Have a question about this project? Sign up for a free GitHub account to open an issue and contact its maintainers and the community.

By clicking “Sign up for GitHub”, you agree to our terms of service and privacy statement. We’ll occasionally send you account related emails.

Already on GitHub? Sign in to your account

0.14.0rc1 hangs on restart #721

Closed
uncle-betty opened this Issue May 23, 2015 · 22 comments

Comments

Projects
None yet
5 participants
@uncle-betty
Copy link

uncle-betty commented May 23, 2015

Hey guys,

I am trying out Prometheus from the master branch with 5,000,000 time series (simulated 10,000 nodes with simulated 500 metrics each). When I start it initially with an empty data directory, things seem fine. When I control-C it, it seems to shut down cleanly. However, when I restart it, it hangs at this point:

...
Indexing metrics in memory.
10000 metrics queued for indexing.

The reason seems to be that indexingQueueCapacity is 16,384. So, the queue blocks, once it has 16,384 elements queued. When I increase that number beyond 5,000,000, then things work.

Thomas

@fabxc

This comment has been minimized.

Copy link
Member

fabxc commented May 23, 2015

Increasing the queue size just prevents the issue from showing but it's not a fix.
Thanks for reporting this.

@beorn7, this was reported on IRC as well.
Could this be a regression by #704 (I cannot see how) or could this be related to @juliusv's observeration from yesterday where indexing took very long for some reason (which was on a v0.13.x machine, I assume).

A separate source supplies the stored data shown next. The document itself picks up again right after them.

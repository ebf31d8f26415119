-- ===== src/Interpreter/Frames/Primitives.antt =====
-- What the operations of interpreter/interpreter.h and the New functions do to the stack of frames.
use k3s_virtual_machine.Base.{
  ℕ, arith, ◌≡◌, refl, ◌∙◌, Option, none, some, List, [], ◌∷◌, Outcome, ◌>>=◌, Ensures,
  Ensures-bind, Ensures-guard, Ensures-of, Bytes, leb, length, assertion, Ensures-eq,
}
use k3s_virtual_machine.Interpreter.Register.{Register}
use k3s_virtual_machine.Interpreter.Objects.{Body}
use k3s_virtual_machine.Interpreter.Machine.{Machine, Frame, set_acc, set_reg, store_body}
use k3s_virtual_machine.Classfile.ConstantPool.{Mapping}
use k3s_virtual_machine.Interpreter.Allocate.{
  new_function, new_array, new_string, new_object, new_methods, pool_alloc_bytes,
  prepare_for_sequent_allocations,
}

-- The frames below the top, and the way back that the top frame holds.
abbrev pub callers : List Frame → List Frame
callers [] = []
callers (f ∷ fs) = fs

abbrev pub link : List Frame → Option (ℕ × ℕ)
link [] = none
link (f ∷ fs) = some (f.caller_pc, f.callee)

-- The frames below the top are the same, and the top frame returns to the same place.
pub record Kept (m m' : Machine) : Type 0 where
  pub below : callers m'.state_stack ≡ callers m.state_stack
  pub back : link m'.state_stack ≡ link m.state_stack

pub Kept-refl : (m : Machine) → Kept m m
Kept-refl m = record { below = refl; back = refl }

pub Kept-trans : {m n o : Machine} → Kept m n → Kept n o → Kept m o
Kept-trans h k = record { below = k.below ∙ h.below; back = k.back ∙ h.back }

pub set_acc-Kept : (m : Machine) (r : Register) → Ensures (Kept m) (set_acc m r)
unfolding set_acc
set_acc-Kept m r = Ensures-of (Kept m) (set_acc m r) (λ m' e. ground arith)

pub set_reg-Kept : (m : Machine) (id : ℕ) (r : Register) → Ensures (Kept m) (set_reg m id r)
unfolding set_reg
set_reg-Kept m id r = Ensures-of (Kept m) (set_reg m id r) (λ m' e. ground arith)

pub store_body-Kept : (m : Machine) (a : ℕ) (b : Body) → Ensures (Kept m) (store_body m a b)
unfolding store_body
store_body-Kept m a b = Ensures-of (Kept m) (store_body m a b) (λ m' e. ground arith)

-- The machine that an allocation returns.
abbrev pub KeptBy : Machine → ℕ × Machine → Type 0
KeptBy m r = Kept m r.1

pool_alloc_bytes-Kept : (m : Machine) (n : ℕ) → Ensures (KeptBy m) (pool_alloc_bytes m n)
unfolding pool_alloc_bytes
pool_alloc_bytes-Kept m n = Ensures-of (KeptBy m) (pool_alloc_bytes m n) (λ r e. ground arith)

pub new_function-Kept : (m : Machine) (n : ℕ) → Ensures (KeptBy m) (new_function m n)
unfolding new_function
new_function-Kept m n = Ensures-of (KeptBy m) (new_function m n) (λ r e. ground arith)

pub new_array-Kept : (m : Machine) (n : ℕ) → Ensures (KeptBy m) (new_array m n)
unfolding new_array
new_array-Kept m n = Ensures-of (KeptBy m) (new_array m n) (λ r e. ground arith)

pub new_string-Kept : (m : Machine) (s : Bytes) → Ensures (KeptBy m) (new_string m s)
unfolding new_string
new_string-Kept m s = Ensures-of (KeptBy m) (new_string m s) (λ r e. ground arith)

new_methods-Kept :
    (m : Machine) (l : List ℕ)
    → Ensures (λ (r : List Register × Machine). Kept m r.1) (new_methods m l)
unfolding new_methods
new_methods-Kept m [] = Kept-refl m
new_methods-Kept m (n ∷ l) =
    Ensures-bind (KeptBy m) _ (new_function m n) _ (new_function-Kept m n) λ r k.
      Ensures-bind (λ (q : List Register × Machine). Kept r.1 q.1) _ (new_methods r.1 l) _
        (new_methods-Kept r.1 l) λ q k'. Kept-trans k k'

prepare-Kept : (m : Machine) (n : ℕ) → Ensures (Kept m) (prepare_for_sequent_allocations m n)
unfolding prepare_for_sequent_allocations
prepare-Kept m n = Ensures-of (Kept m) (prepare_for_sequent_allocations m n) (λ m' e. ground arith)

pub new_object-Kept :
    (m : Machine) (t : Mapping) (l : List ℕ) → Ensures (KeptBy m) (new_object m t l)
unfolding new_object
new_object-Kept m t l =
    Ensures-bind (Kept m) (KeptBy m) (prepare_for_sequent_allocations m _) _ (prepare-Kept m _)
      λ m1 k1.
        Ensures-bind (KeptBy m1) (KeptBy m) (pool_alloc_bytes m1 _) _ (pool_alloc_bytes-Kept m1 _)
          λ r k2. Ensures-guard (KeptBy m) (leb (length l) (length t)) assertion _ λ _.
            Ensures-bind (λ q. Kept r.1 q.1) (KeptBy m) (new_methods r.1 l) _
              (new_methods-Kept r.1 l)
              λ q k3.
                let k = Kept-trans (Kept-trans k1 k2) k3 in
                record { below = k.below; back = k.back }

-- An allocation whose address goes into the accumulator.
pub alloc-set_acc :
    (m : Machine) (a : Outcome (ℕ × Machine)) (r : ℕ → Register)
    → Ensures (KeptBy m) a
    → Ensures (Kept m) (a >>= λ q. set_acc q.1 (r q.0))
alloc-set_acc m a r k = Ensures-bind (KeptBy m) (Kept m) a _ k λ q h.
    Ensures-of (Kept m) (set_acc q.1 (r q.0))
      (λ m' e. Kept-trans h (Ensures-eq (Kept q.1) _ e (set_acc-Kept q.1 (r q.0))))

@tlopatic with the default queue capacity, how long did you wait until you terminated the hanging process? Do you have an estimate how many time series you have?

@juliusv

This comment has been minimized.

Copy link
Member

juliusv commented May 23, 2015

@fabxc 5 million time series as per the above.

@beorn7

This comment has been minimized.

Copy link
Member

beorn7 commented May 23, 2015

Alrighty... two issues work together here:

  1. @tlopatic Your storage is dirty after the seemingly clean shutdown. Either the shutdown was not clean after all, or something happened during the runtime that made it dirty. Could you check the logs of the first run of the server? There should be an error level message "The storage is now inconsistent. Restart Prometheus ASAP to initiate recovery."
  2. The other issue is a bug in the crash recovery (triggered by the first issue). @fabxc This looks indeed like a regression introduced by #704 . The crash recovery needs the indexing goroutine to run already, but now we are starting it only after crash recovery, i.e. if we have more metrics to index during crash recovery than capacity in the queue, we are deadlocked. (Note that all metrics are always reindexed during crash recovery.)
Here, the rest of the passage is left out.